Samorządy nie zdały egzaminu podczas epidemii koronawirusa – ocenił wiceszef MON Wojciech Skurkiewicz. Podkreślił, że sytuacja w podległych samorządom DPS-ach była w ostatnich kilku miesiącach dramatyczna, co rodzi obawy o przygotowanie tych placówek na wypadek kolejnej fali epidemii.
Skurkiewicz w środę przedstawił senatorom z komisji obrony informacje o zaangażowaniu wojska w pomoc w walce z koronawirusem. Poruszył też temat współpracy wojska z innymi organami administracji publicznej.
Wiceszef MON podkreślił, że wojsko niosąc pomoc w okresie epidemii, mogło liczyć na dobrą współpracę z administracją na szczeblu resortowym, ale też wojewódzkim. Skurkiewicz znacznie gorzej ocenił taką współpracę z samorządami, na szczeblu powiatowym i gminnym.
Jako przykład podał wyznaczenie dyżurnych do kontaktu z wojskiem w dniach wolnych od pracy przede wszystkim w weekendy. Według niego dyżurnych takich wyznaczyło około 30 proc. powiatów. Mówiąc o samorządach stwierdził: „Na ponad 2400 gmin zaledwie około 100, 150 umożliwiło nam kontakt w czasie weekendu”.
„Wiele rzeczy się działo, a nie było z kim rozmawiać” – ocenił. Wyjaśnił też, że jego resort ma takie dane, gdyż prowadził monitoring zarządzania kryzysowego i współpracy wojaka z innymi instytucjami, w tym z samorządami.

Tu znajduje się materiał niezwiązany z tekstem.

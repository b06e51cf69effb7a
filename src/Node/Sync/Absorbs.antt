-- ===== src/Node/Sync/Absorbs.antt =====
-- What the entries of a peer do to the block index, in swarm/node/node.go's sync.
use juren_cluster.Prelude.{
  ℕ, suc, ◌+◌, ◌≤◌, ◌≡◌, refl, sym, arith, max, Option, none, some, List, [], ◌∷◌, length, All, inl,
  inr, ◌⊎◌, Option-cases,
}
use mathlib.Core.Path.{subst}
use juren_cluster.Outcome.{Result, Error, Panic, ok, err, panic, stuck, nil_dereference}
use juren_cluster.Oid.{Oid}
use juren_cluster.Oid.RoundTrip.{IsOid}
use juren_cluster.DataModel.{Metadata, ExtendedMetadata}
use juren_cluster.LevelDb.{Storage, StorageLaws, IsReliable}
use juren_cluster.LevelDb.KeyOrder.{IsU64}
use juren_cluster.BlockIndex
use juren_cluster.BlockIndex.{BlockIndex}
use juren_cluster.BlockIndex.Journal.{Rows, entry}
use juren_cluster.BlockIndex.Represents.{Represents}
use juren_cluster.BlockIndex.Wins.{IsAtLeast, Advances, put-Advances}
use juren_cluster.Node.{Node}
use juren_cluster.Node.Sync.{sync_entries}

-- An entry names a block by an identifier, as far as it has metadata.
abbrev pub IsValidMetadata : Option Metadata → Type 0
IsValidMetadata none = Unit {0}
IsValidMetadata (some m) = IsOid m.oid

abbrev pub IsValid : Option ExtendedMetadata → Type 0
IsValid none = Unit {0}
IsValid (some e) = IsValidMetadata e.metadata

-- The greatest number of a batch and of a number.
unfoldable pub max_seen : ℕ → List (Option ExtendedMetadata) → ℕ
max_seen seen [] = seen
max_seen seen (none ∷ es) = max_seen seen es
max_seen seen (some e ∷ es) = max_seen (max seen e.sequence_number) es

pub Result-cases {ℓ} :
    {A : Type ℓ} (r : Result A)
    → ((a : A) × (r ≡ ok a))
      ⊎ ((e : Error) × (r ≡ err e))
      ⊎ ((p : Panic) × (r ≡ panic p))
      ⊎ (r ≡ stuck)
Result-cases (ok a) = inl (a, refl)
Result-cases (err e) = inr (inl (e, refl))
Result-cases (panic p) = inr (inr (inl (p, refl)))
Result-cases stuck = inr (inr (inr refl))

module _ (S : Storage) (L : StorageLaws S) where
  -- The metadata of an entry has landed: the newest row of its block is at least as new.
  abbrev pub LandedMetadata : Rows → Option Metadata → Type 0
  LandedMetadata rows none = Unit {0}
  LandedMetadata rows (some m) = IsAtLeast rows m.oid (L.stored_time m.update_time).instant

  abbrev pub Landed : Rows → Option ExtendedMetadata → Type 0
  Landed rows none = Unit {0}
  Landed rows (some e) = LandedMetadata rows e.metadata

  abbrev pub HasMetadata : Option ExtendedMetadata → Type 0
  HasMetadata none = ⊥
  HasMetadata (some e) = (m : Metadata) × (e.metadata ≡ some m)

  -- What the loop over the entries of an answer leaves.
  pub record Absorbed (j : Rows) (n : Node S) (seen : ℕ) (es : List (Option ExtendedMetadata))
      (out : Node S × Result ℕ) : Type 0 where
    pub rows : Rows
    pub represents : Represents S L out.0.block_index rows
    pub keeps : (o : Oid) (t : ℕ) → IsAtLeast j o t → IsAtLeast rows o t
    pub grows : length rows ≤ length j + length es
    pub node_index_kept : out.0.node_index ≡ n.node_index
    pub node_id_kept : out.0.node_id ≡ n.node_id
    pub succeeds : IsReliable S → All HasMetadata es → (s : ℕ) × (out.1 ≡ ok s)
    pub landed : (s : ℕ) → out.1 ≡ ok s → All (Landed rows) es
    pub greatest : (s : ℕ) → out.1 ≡ ok s → s ≡ max_seen seen es

  stopped :
      (j : Rows) (n n' : Node S) (seen : ℕ) (es : List (Option ExtendedMetadata)) (r : Result ℕ)
      (rows : Rows)
      → Represents S L n'.block_index rows
      → ((o : Oid) (t : ℕ) → IsAtLeast j o t → IsAtLeast rows o t)
      → length rows ≤ length j + length es
      → n'.node_index ≡ n.node_index
      → n'.node_id ≡ n.node_id
      → ((s : ℕ) → ¬ (r ≡ ok s))
      → (IsReliable S → ¬ All HasMetadata es)
      → Absorbed j n seen es (n', r)
  stopped j n n' seen es r rows rep keeps grows ni id bad fault = record {
    rows = rows;
    represents = rep;
    keeps = keeps;
    grows = grows;
    node_index_kept = ni;
    node_id_kept = id;
    succeeds = λ good full. absurd (fault good full);
    landed = λ s p. absurd (bad s p);
    greatest = λ s p. absurd (bad s p);
  }

  absorb :
      (n : Node S) (j : Rows) (seen : ℕ) (es : List (Option ExtendedMetadata)) (k : ℕ)
      (m : Metadata)
      → Advances S L j m (BlockIndex.put S n.block_index (entry k m))
      → IsU64 (length j + suc (length es))
      → ((n' : Node S) (j' : Rows)
          → Represents S L n'.block_index j'
          → IsU64 (length j' + length es)
          → Absorbed j' n' (max seen k) es (sync_entries S n' (max seen k) es))
      → Absorbed j n seen (some (entry k m) ∷ es) (sync_entries S n seen (some (entry k m) ∷ es))
  unfolding sync_entries
  absorb n j seen es k m adv room rest =
      let n' : Node S = record n { block_index = (BlockIndex.put S n.block_index (entry k m)).0 } in
      elim (Result-cases (BlockIndex.put S n.block_index (entry k m)).1) [
        | inl (e, good) ↦
            let ih = rest n' adv.rows adv.represents (omega (arith, adv.at_most_one)) in
            rw (good, sync_entries)
              (record {
                rows = ih.rows;
                represents = ih.represents;
                keeps = λ o t h. ih.keeps o t (adv.keeps o t h);
                grows = omega (arith, ih.grows, adv.at_most_one);
                node_index_kept = ih.node_index_kept;
                node_id_kept = ih.node_id_kept;
                succeeds = λ reliable full. ih.succeeds reliable full.1;
                landed = λ s p. (ih.keeps m.oid _ (adv.wins e good), ih.landed s p);
                greatest = λ s p. unfold max_seen in ih.greatest s p;
              })
        | inr (inl (x, bad)) ↦
            rw (bad, sync_entries)
              (stopped j n n' seen _ _ adv.rows adv.represents adv.keeps
                (omega (arith, adv.at_most_one)) refl refl (λ s p. cc)
                (λ good full. let (e, p) = adv.succeeds good in cc (bad, p)))
        | inr (inr (inl (x, bad))) ↦
            rw (bad, sync_entries)
              (stopped j n n' seen _ _ adv.rows adv.represents adv.keeps
                (omega (arith, adv.at_most_one)) refl refl (λ s p. cc)
                (λ good full. let (e, p) = adv.succeeds good in cc (bad, p)))
        | inr (inr (inr bad)) ↦
            rw (bad, sync_entries)
              (stopped j n n' seen _ _ adv.rows adv.represents adv.keeps
                (omega (arith, adv.at_most_one)) refl refl (λ s p. cc)
                (λ good full. let (e, p) = adv.succeeds good in cc (bad, p)))
      ]

  -- Whatever a peer sends, as long as it names blocks by identifiers: the index still stands for a
  -- journal, no block's newest row gets older, and on success every entry has landed.
  pub sync_entries-Absorbed :
      (n : Node S) (j : Rows) (seen : ℕ) (es : List (Option ExtendedMetadata))
      → Represents S L n.block_index j
      → All IsValid es
      → IsU64 (length j + length es)
      → Absorbed j n seen es (sync_entries S n seen es)
  unfolding sync_entries
  sync_entries-Absorbed n j seen [] rep valid room = record {
    rows = j;
    represents = rep;
    keeps = λ o t h. h;
    grows = omega arith;
    node_index_kept = refl;
    node_id_kept = refl;
    succeeds = λ good full. (seen, refl);
    landed = λ s p. tt;
    greatest = λ s p. unfold max_seen in ground (arith, p);
  }
  sync_entries-Absorbed n j seen (none ∷ es) rep valid room =
      stopped j n n seen (none ∷ es) (panic nil_dereference) j rep (λ o t h. h) (omega arith) refl
        refl (λ s p. cc) (λ good full. full.0)
  sync_entries-Absorbed n j seen (some block ∷ es) rep valid room =
      elim (Option-cases block.metadata) [
        | inl missing ↦
            subst
              (λ (b : ExtendedMetadata).
                Absorbed j n seen (some b ∷ es) (sync_entries S n seen (some b ∷ es)))
              (λ i. record { sequence_number = block.sequence_number; metadata = sym missing i })
              (stopped j n n seen
                (some (record { sequence_number = block.sequence_number; metadata = none }) ∷ es)
                (panic nil_dereference) j rep (λ o t h. h) (omega arith) refl refl (λ s p. cc)
                (λ good full. let (m, p) = full.0 in cc p))
        | inr (m, present) ↦
            subst
              (λ (b : ExtendedMetadata).
                Absorbed j n seen (some b ∷ es) (sync_entries S n seen (some b ∷ es)))
              (λ i. record { sequence_number = block.sequence_number; metadata = sym present i })
              (absorb n j seen es block.sequence_number m
                (put-Advances S L n.block_index j block.sequence_number m rep
                  (rw present at valid.0) (omega arith))
                room
                (λ n' j' rep' room'.
                  sync_entries-Absorbed n' j' (max seen block.sequence_number) es rep' valid.1
                    room'))
      ]
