-- ===== src/Node/Sync/Steps.antt =====
-- How the loop of the sync in swarm/node/node.go goes on, and how it is reached.
use juren_cluster.Prelude.{
  ℕ, suc, ◌<◌, ◌≡◌, ◌≢◌, arith, false, List, ◌∷◌, Bytes, ltb, ◌==◌, inl, inr, Bool-cases,
}
use juren_cluster.Outcome.{Result, ok}
use juren_cluster.Oid.{Oid, oid_eq}
use juren_cluster.Oid.RoundTrip.{oid_eq_iff}
use juren_cluster.DataModel.{NodeMetadata}
use juren_cluster.LevelDb.{Storage}
use juren_cluster.NodeIndex
use juren_cluster.Node.{Node}
use juren_cluster.Node.Sync.{
  Answers, last, more, sync_round, sync_loop, known_sequence, connected, sync_known, sync_with,
}

pub oid_eq_ne : (o p : Oid) → o ≢ p → oid_eq o p ≡ false
oid_eq_ne o p ne = elim (Bool-cases (oid_eq o p)) [
  | inl same ↦ absurd (ne ((oid_eq_iff o p).0 same))
  | inr other ↦ other
]

module _ (S : Storage) (fuel k : ℕ) (n : Node S) (md : NodeMetadata) (seen : ℕ) where
  pub sync_loop-last :
      (answers : Answers)
      → (sync_round S n md seen (answers k)).1 ≡ ok last
      → sync_loop S (suc fuel) k n md seen answers ≡ ((sync_round S n md seen (answers k)).0, ok tt)
  unfolding sync_loop
  sync_loop-last answers e = rw (e, sync_loop)

  pub sync_loop-more :
      (seen' : ℕ) (answers : Answers)
      → (sync_round S n md seen (answers k)).1 ≡ ok (more seen')
      → sync_loop S (suc fuel) k n md seen answers
        ≡ sync_loop S fuel (suc k) (sync_round S n md seen (answers k)).0 md seen' answers
  unfolding sync_loop
  sync_loop-more seen' answers e = rw (e, sync_loop)

module _ (S : Storage) (fuel : ℕ) (n : Node S) (md : NodeMetadata) where
  pub sync_known-behind :
      (conn : Result Answers) (answers : Answers) (r : Result ℕ) (known : ℕ)
      → conn ≡ ok answers
      → r ≡ ok known
      → known < md.sequence_number
      → sync_known S fuel n md conn r ≡ sync_loop S fuel 0 n md known answers
  unfolding sync_known connected
  sync_known-behind conn answers r known dialled knew behind =
      let ahead : ltb md.sequence_number known ≡ false = ground (arith, behind) in
      let differs : (known == md.sequence_number) ≡ false = ground (arith, behind) in
      rw (dialled, knew, ahead, differs)

  pub sync_with-dialled :
      (dial : Bytes → Result Answers) (addresses : List Bytes) (addr : Bytes) (addrs : List Bytes)
      (answers : Answers) (known : ℕ)
      → addresses ≡ addr ∷ addrs
      → dial addr ≡ ok answers
      → known_sequence S (NodeIndex.get S n.node_index md.node_id) ≡ ok known
      → known < md.sequence_number
      → sync_with S fuel n md dial addresses ≡ sync_loop S fuel 0 n md known answers
  unfolding sync_with
  sync_with-dialled dial addresses addr addrs answers known address conn knew behind =
      rw address (sync_known-behind (dial addr) answers _ known conn knew behind)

„Nie zgadzam się z tym, że samorząd zdał egzamin jeżeli chodzi o domy pomocy społecznej (DPS)” – podkreślił Skurkiewicz. Dodał, że DPS-y są instytucjami podlegającymi samorządom, które często wyznaczają kierownictwo takich placówek i współfinansują je.

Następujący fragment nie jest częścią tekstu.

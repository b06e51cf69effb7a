-- ===== src/Node/Handlers/Laws.antt =====
-- What the handlers of swarm/node/node.go and pubsub.go achieve together.
use juren_cluster.Prelude.{
  ℕ, ◌+◌, ◌≡◌, ◌≢◌, refl, ap, ◌∙◌, arith, Bool, true, false, Option, some, List, [], ◌∷◌, Bytes,
  bytes_eq, bytes_eq_iff, length, ◌==◌, inl, inr, Bool-cases,
}
use juren_cluster.Outcome.{Result, ok}
use juren_cluster.Oid.{Oid, oid_eq}
use juren_cluster.Oid.RoundTrip.{IsOid, oid_eq_iff}
use juren_cluster.DataModel.{Time, Metadata}
use juren_cluster.LevelDb.{Storage, StorageLaws, IsReliable}
use juren_cluster.LevelDb.KeyOrder.{IsU64}
use juren_cluster.BlockIndex
use juren_cluster.BlockIndex.{BlockIndex}
use juren_cluster.BlockIndex.Journal.{Rows, entry, latest}
use juren_cluster.BlockIndex.Represents.{Represents}
use juren_cluster.BlockIndex.Read.{get_by_oid-latest}
use juren_cluster.BlockIndex.Wins.{IsAtLeast, put-Advances, latest-stored}
use juren_cluster.NodeIndex.{NodeIndex}
use juren_cluster.Tracker.{update, who_has}
use juren_cluster.Tracker.Laws.{
  IsTracker, update-IsTracker, contains, is_true, knows-update, contains-who_has,
}
use juren_cluster.Protocol.{BlockAnnouncementMessage}
use juren_cluster.Node.{Node}
use juren_cluster.Node.Sync.Absorbs.{Result-cases}
use juren_cluster.Node.Sync.Steps.{oid_eq_ne}
use juren_cluster.Node.Handlers.{
  TcpAddress, advertized, matching, filtered_addresses, announced_metadata, announcement, new_node,
  update_block_availability, process_block_discovery_message,
}

module _ (resolve_ip : Bytes → Result Bytes) (sender_ip : Bytes) where
  abbrev pub IsOfSender : Bytes → Type 0
  IsOfSender addr = resolve_ip addr ≡ ok sender_ip

  -- The second list has the addresses of the sender in the first one, each where it stands.
  pub data Selected : List Bytes → List Bytes → Type 0 where
    none_left : Selected [] []
    taken :
        (addr : Bytes) (addrs found : List Bytes)
        → IsOfSender addr
        → Selected addrs found
        → Selected (addr ∷ addrs) (addr ∷ found)
    passed :
        (addr : Bytes) (addrs found : List Bytes)
        → ¬ IsOfSender addr
        → Selected addrs found
        → Selected (addr ∷ addrs) found

  -- Which addresses of a message are used.
  pub data Filtered (addrs used : List Bytes) : Type 0 where
    of_sender : length used ≢ 0 → Selected addrs used → Filtered addrs used
    all_of_them : used ≡ addrs → Selected addrs [] → Filtered addrs used

  matching-Selected : (addrs : List Bytes) → Selected addrs (matching resolve_ip sender_ip addrs)
  unfolding matching
  matching-Selected [] = none_left
  matching-Selected (addr ∷ addrs) = elim (Result-cases (resolve_ip addr)) [
    | inl (ip, e) ↦ elim (Bool-cases (bytes_eq ip sender_ip)) [
      | inl same ↦
          rw (e, matching, same)
            (taken addr addrs _ (e ∙ ap ok ((bytes_eq_iff ip sender_ip).0 same))
              (matching-Selected addrs))
      | inr other ↦
          rw (e, matching, other)
            (passed addr addrs _ (λ h. ground (arith, h, e, other, bytes_eq_iff ip sender_ip))
              (matching-Selected addrs))
    ]
    | inr (inl (x, e)) ↦
        rw (e, matching) (passed addr addrs _ (λ h. cc (h, e)) (matching-Selected addrs))
    | inr (inr (inl (x, e))) ↦
        rw (e, matching) (passed addr addrs _ (λ h. cc (h, e)) (matching-Selected addrs))
    | inr (inr (inr e)) ↦
        rw (e, matching) (passed addr addrs _ (λ h. cc (h, e)) (matching-Selected addrs))
  ]

  empty-Selected :
      (addrs found : List Bytes) → length found ≡ 0 → Selected addrs found → Selected addrs []
  empty-Selected addrs [] e h = h
  empty-Selected addrs (addr ∷ found) e h = absurd (omega (arith, e))

  -- Of the addresses of an announcement, either some resolve to the sender, and exactly those
  -- are used, each as often and in the order as they stand there, or none of them does, and all
  -- are used.
  pub filtered_addresses-Filtered :
      (addrs : List Bytes) → Filtered addrs (filtered_addresses resolve_ip sender_ip addrs)
  unfolding filtered_addresses
  filtered_addresses-Filtered addrs =
      let found = matching resolve_ip sender_ip addrs in
      elim (Bool-cases (length (matching resolve_ip sender_ip addrs) == 0)) [
        | inl nothing ↦ rw nothing (
            all_of_them refl
              (empty-Selected addrs found (ground (arith, nothing)) (matching-Selected addrs)))
        | inr some_found ↦
            rw some_found (of_sender (λ e. ground (arith, e, some_found)) (matching-Selected addrs))
      ]

latest-oid : (j : Rows) (o : Oid) (n : ℕ) (m : Metadata) → latest j o ≡ some (entry n m) → m.oid ≡ o
unfolding latest
latest-oid [] o n m row = absurd (cc row)
latest-oid (r ∷ j) o n m row = elim (Bool-cases (oid_eq r.meta.oid o)) [
  | inl same ↦ ground (arith, same, row, oid_eq_iff r.meta.oid o)
  | inr other ↦ latest-oid j o n m (rw other at row)
]

is_true-some : (b : Bool) → is_true (some b) ≡ b
unfolding is_true
is_true-some true = refl
is_true-some false = refl

module _ (S : Storage) (n : Node S) (msg : BlockAnnouncementMessage) where
  block_index-update :
      msg.node_id ≢ n.node_id
      → (update_block_availability S n msg).0.block_index
        ≡ (BlockIndex.put S n.block_index (entry 0 msg.block)).0
  unfolding update_block_availability
  block_index-update other = rw (oid_eq_ne msg.node_id n.node_id other)

  pub who_has-update :
      (update_block_availability S n msg).0.who_has_block
      ≡ (update n.who_has_block msg.block.oid msg.node_id msg.has).0
  unfolding update_block_availability
  who_has-update = elim (Bool-cases (oid_eq msg.node_id n.node_id)) [
    | inl own ↦ rw own
    | inr other ↦ rw other
  ]

  learns-update :
      (o : Oid)
      → msg.block.oid ≡ o
      → IsTracker n.who_has_block
      → contains msg.node_id (who_has (update_block_availability S n msg).0.who_has_block o)
        ≡ msg.has
  learns-update o is_o tracked =
      let tracker = (update n.who_has_block msg.block.oid msg.node_id msg.has).0 in
      rw who_has-update (
        contains-who_has tracker o msg.node_id
          (update-IsTracker n.who_has_block msg.block.oid msg.node_id msg.has tracked)
        ∙ rw
            (
              knows-update n.who_has_block msg.block.oid msg.node_id o msg.node_id msg.has,
              (oid_eq_iff msg.block.oid o).1 is_o,
              (oid_eq_iff msg.node_id msg.node_id).1 refl,
            )
            (is_true-some msg.has))

module _ (S : Storage) where
  -- Whoever receives the announcement of a node that `New` made, the metadata that it builds
  -- from it has an address.
  pub announced-nonempty :
      (node_id : Oid) (rpc : Bytes) (addrs : List (Option TcpAddress)) (block_index : BlockIndex S)
      (node_index : NodeIndex S) (n : Node S) (resolve_ip : Bytes → Result Bytes)
      (sender_ip : Bytes) (now : Time)
      → new_node S node_id rpc addrs block_index node_index ≡ ok n
      → length (announced_metadata resolve_ip sender_ip now (announcement S n)).addresses ≢ 0
  unfolding new_node announced_metadata announcement filtered_addresses
  announced-nonempty node_id rpc addrs block_index node_index n resolve_ip sender_ip now made =
      elim (Bool-cases (length (advertized rpc addrs) == 0)) [
        | inl empty ↦ absurd (let made' = rw empty at made in cc made')
        | inr some_address ↦
            let made' = rw some_address at made in
            let same : advertized rpc addrs ≡ n.addresses = ap made_addresses made' in
            elim (Bool-cases (length (matching resolve_ip sender_ip n.addresses) == 0)) [
              | inl none_found ↦ rw none_found (λ e. ground (arith, e, same, some_address))
              | inr found ↦ rw found (λ e. ground (arith, e, found))
            ]
      ]
    where
      made_addresses : Result (Node S) → List Bytes
      made_addresses (ok k) = k.addresses
      made_addresses _ = []

module _ (S : Storage) (L : StorageLaws S) where
  -- What an answer tells: a node has a row for the block, and another asks for it.
  pub record Informed (n asker : Node S) (asker_rows : Rows) (o : Oid) (m : Metadata) (has : Bool)
      (answer : Result BlockAnnouncementMessage) : Type 0 where
    pub resp : BlockAnnouncementMessage
    pub answered : answer ≡ ok resp
    pub rows : Rows
    pub represents : Represents S L (update_block_availability S asker resp).0.block_index rows
    pub learns :
        contains n.node_id (who_has (update_block_availability S asker resp).0.who_has_block o)
        ≡ has
    pub newer : IsAtLeast rows o m.update_time.instant
    pub keeps : (p : Oid) (t : ℕ) → IsAtLeast asker_rows p t → IsAtLeast rows p t

  -- A node whose index stands for a journal with a row for a block, and that finds out whether
  -- its store has the block, answers a discovery of it. Another node, whose index stands for a
  -- journal with room for one more row and whose tracker is well formed, handles the answer: its
  -- tracker lists the first node for the block exactly if the block is in the first node's
  -- store, its index stands for a journal with a newest row for the block that is at least as
  -- new as the first node's, and no block's newest row is older. The store and the encoder do
  -- not fail.
  pub discovery_informs :
      (n asker : Node S) (j asker_rows : Rows) (o : Oid) (k : ℕ) (m : Metadata) (has : Bool)
      (store_has : Oid → Result Bool)
      → IsReliable S
      → Represents S L n.block_index j
      → Represents S L asker.block_index asker_rows
      → IsU64 (length asker_rows + 1)
      → IsTracker asker.who_has_block
      → IsOid o
      → n.node_id ≢ asker.node_id
      → latest j o ≡ some (entry k m)
      → store_has o ≡ ok has
      → Informed n asker asker_rows o m has
          (process_block_discovery_message S n store_has (record { oid = o }))
  unfolding process_block_discovery_message
  discovery_informs n asker j asker_rows o k m has store_has reliable rep asker_rep room tracked id
        other row stored =
      let is_o : m.oid ≡ o = latest-oid j o k m row in
      let resp : BlockAnnouncementMessage = record { node_id = n.node_id; block = m; has = has } in
      let adv = put-Advances S L asker.block_index asker_rows 0 m asker_rep (rw is_o id) room in
      rw (get_by_oid-latest S L n.block_index j o rep id, row, stored)
        (record {
          resp = resp;
          answered = refl;
          rows = adv.rows;
          represents = rw (block_index-update S asker resp other) adv.represents;
          learns = learns-update S asker resp o is_o tracked;
          newer =
              let (e, good) = adv.succeeds reliable in
              rw (is_o, latest-stored S L j o k m rep.decodes row) at (adv.wins e good);
          keeps = adv.keeps;
        })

„Bardzo często było tak, i trzeba to z przykrością powiedzieć, że samorząd sobie z tą sprawą nie poradził. Gdyby nie wsparcie wojska – nie tylko WOT, ale też wojsk operacyjnych, wojsk chemicznych – to naprawdę mielibyśmy olbrzymi problem. Samorządy nie były przygotowane na tego typu sytuacje również pod względem proceduralnym. Dochodziło do sytuacji, że mieliśmy błagalne prośby kierowane do dowódców WOT, żeby zapewnić w DPS-ach chociażby jedną pielęgniarkę, bo – powiem to brutalnie – pracownicy DPS-ów, w zdecydowanej większości opuścili swoich podwładnych i pacjentów” – opowiadał wiceszef MON senatorom.

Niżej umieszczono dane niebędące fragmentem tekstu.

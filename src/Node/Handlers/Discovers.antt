-- ===== src/Node/Handlers/Discovers.antt =====
-- `DiscoverBlock` (swarm/node/node.go) of a node that handles the announcements of others meanwhile
-- (swarm/node/pubsub.go).
use juren_cluster.Prelude.{
  ◌≡◌, ◌≢◌, Bool, false, Option, none, some, List, [], ◌∷◌, length, if◌then◌else◌,
}
use juren_cluster.Outcome.{Error, lookup_timeout}
use juren_cluster.Oid.{Oid, oid_eq}
use juren_cluster.LevelDb.{Storage}
use juren_cluster.Tracker.{Tracker}
use juren_cluster.Tracker.Laws.{knows, contains, is_true}
use juren_cluster.Protocol.{BlockAnnouncementMessage}
use juren_cluster.Node.{Node}
use juren_cluster.Node.Handlers.{Discovered, update_block_availability}

abbrev pub Messages : Type 0
Messages = List BlockAnnouncementMessage

module _ (S : Storage) where
  -- The node after it has handled announcements.
  abbrev pub informed : Node S → Messages → Node S
  informed n [] = n
  informed n (msg ∷ msgs) = informed (update_block_availability S n msg).0 msgs

  -- The tracker at each tick, where every batch of announcements is handled before a tick.
  abbrev pub at_ticks : Node S → List Messages → List Tracker
  at_ticks n [] = []
  at_ticks n (batch ∷ batches) =
      (informed n batch).who_has_block ∷ at_ticks (informed n batch) batches

  abbrev pub at_end : Node S → List Messages → Messages → Tracker
  at_end n [] last = (informed n last).who_has_block
  at_end n (batch ∷ batches) last = at_end (informed n batch) batches last

module _ (o : Oid) where
  -- What was last said of each node and the block.
  abbrev pub said : (Oid → Option Bool) → Messages → Oid → Option Bool
  said known [] x = known x
  said known (msg ∷ msgs) x =
      said
        (λ y.
          if oid_eq msg.block.oid o
          then (if oid_eq msg.node_id y then some msg.has else known y)
          else known y)
        msgs x

  -- The nodes of which the last that was said is that they have the block, and some are.
  pub record Those (last_said : Oid → Option Bool) (nodes : List Oid) : Type 0 where
    pub nonempty : length nodes ≢ 0
    pub members : (x : Oid) → contains x nodes ≡ is_true (last_said x)

  abbrev pub IsUnknown : (Oid → Option Bool) → Type 0
  IsUnknown last_said = (x : Oid) → is_true (last_said x) ≡ false

  -- What a discovery comes to: the nodes of the first tick at which there are some, or those at the
  -- end of the context, with its error, or a timeout.
  pub data Discovery (expired : Error)
      : (Oid → Option Bool) → List Messages → Messages → Discovered → Type 0 where
    at_tick :
        (known : Oid → Option Bool) (batch : Messages) (batches : List Messages) (last : Messages)
        (nodes : List Oid)
        → Those (said known batch) nodes
        → Discovery expired known (batch ∷ batches) last (record { nodes = nodes; failure = none })
    later :
        (known : Oid → Option Bool) (batch : Messages) (batches : List Messages) (last : Messages)
        (out : Discovered)
        → IsUnknown (said known batch)
        → Discovery expired (said known batch) batches last out
        → Discovery expired known (batch ∷ batches) last out
    when_done :
        (known : Oid → Option Bool) (last : Messages) (nodes : List Oid)
        → Those (said known last) nodes
        → Discovery expired known [] last (record { nodes = nodes; failure = some expired })
    timed_out :
        (known : Oid → Option Bool) (last : Messages)
        → IsUnknown (said known last)
        → Discovery expired known [] last (record { nodes = []; failure = some lookup_timeout })

module _ (S : Storage) (o : Oid) where
  abbrev IsKnown : Tracker → (Oid → Option Bool) → Type 0
  IsKnown b known = (x : Oid) → knows b o x ≡ known x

Przyznał, że wojsko spotkało się z przypadkami placówek opiekuńczych – m.in. na Mazowszu, obsługujących kilkudziesięciu pacjentów „często przykutych do łóżka, których należało karmić i przebierać” – gdzie zostały „tylko dwie pielęgniarki”.
„To były sytuacje dramatyczne, to nie były prośby, to były błagania, takich przypadków mamy całe mnóstwo w kraju. To jest rzecz, która absolutnie musi być naprawiona” – podkreślił Skurkiewicz. „Jeżeli byłaby taka sytuacja – jaką mieliśmy teraz przez kilka miesięcy – jesienią, czy w przyszłym roku, to są absolutnie rzeczy do nadrobienia. Szczególna troska dotyczy DPS-ów, bo osoby starsze są w szczególnej grupie ryzyka” – dodał Skurkiewicz.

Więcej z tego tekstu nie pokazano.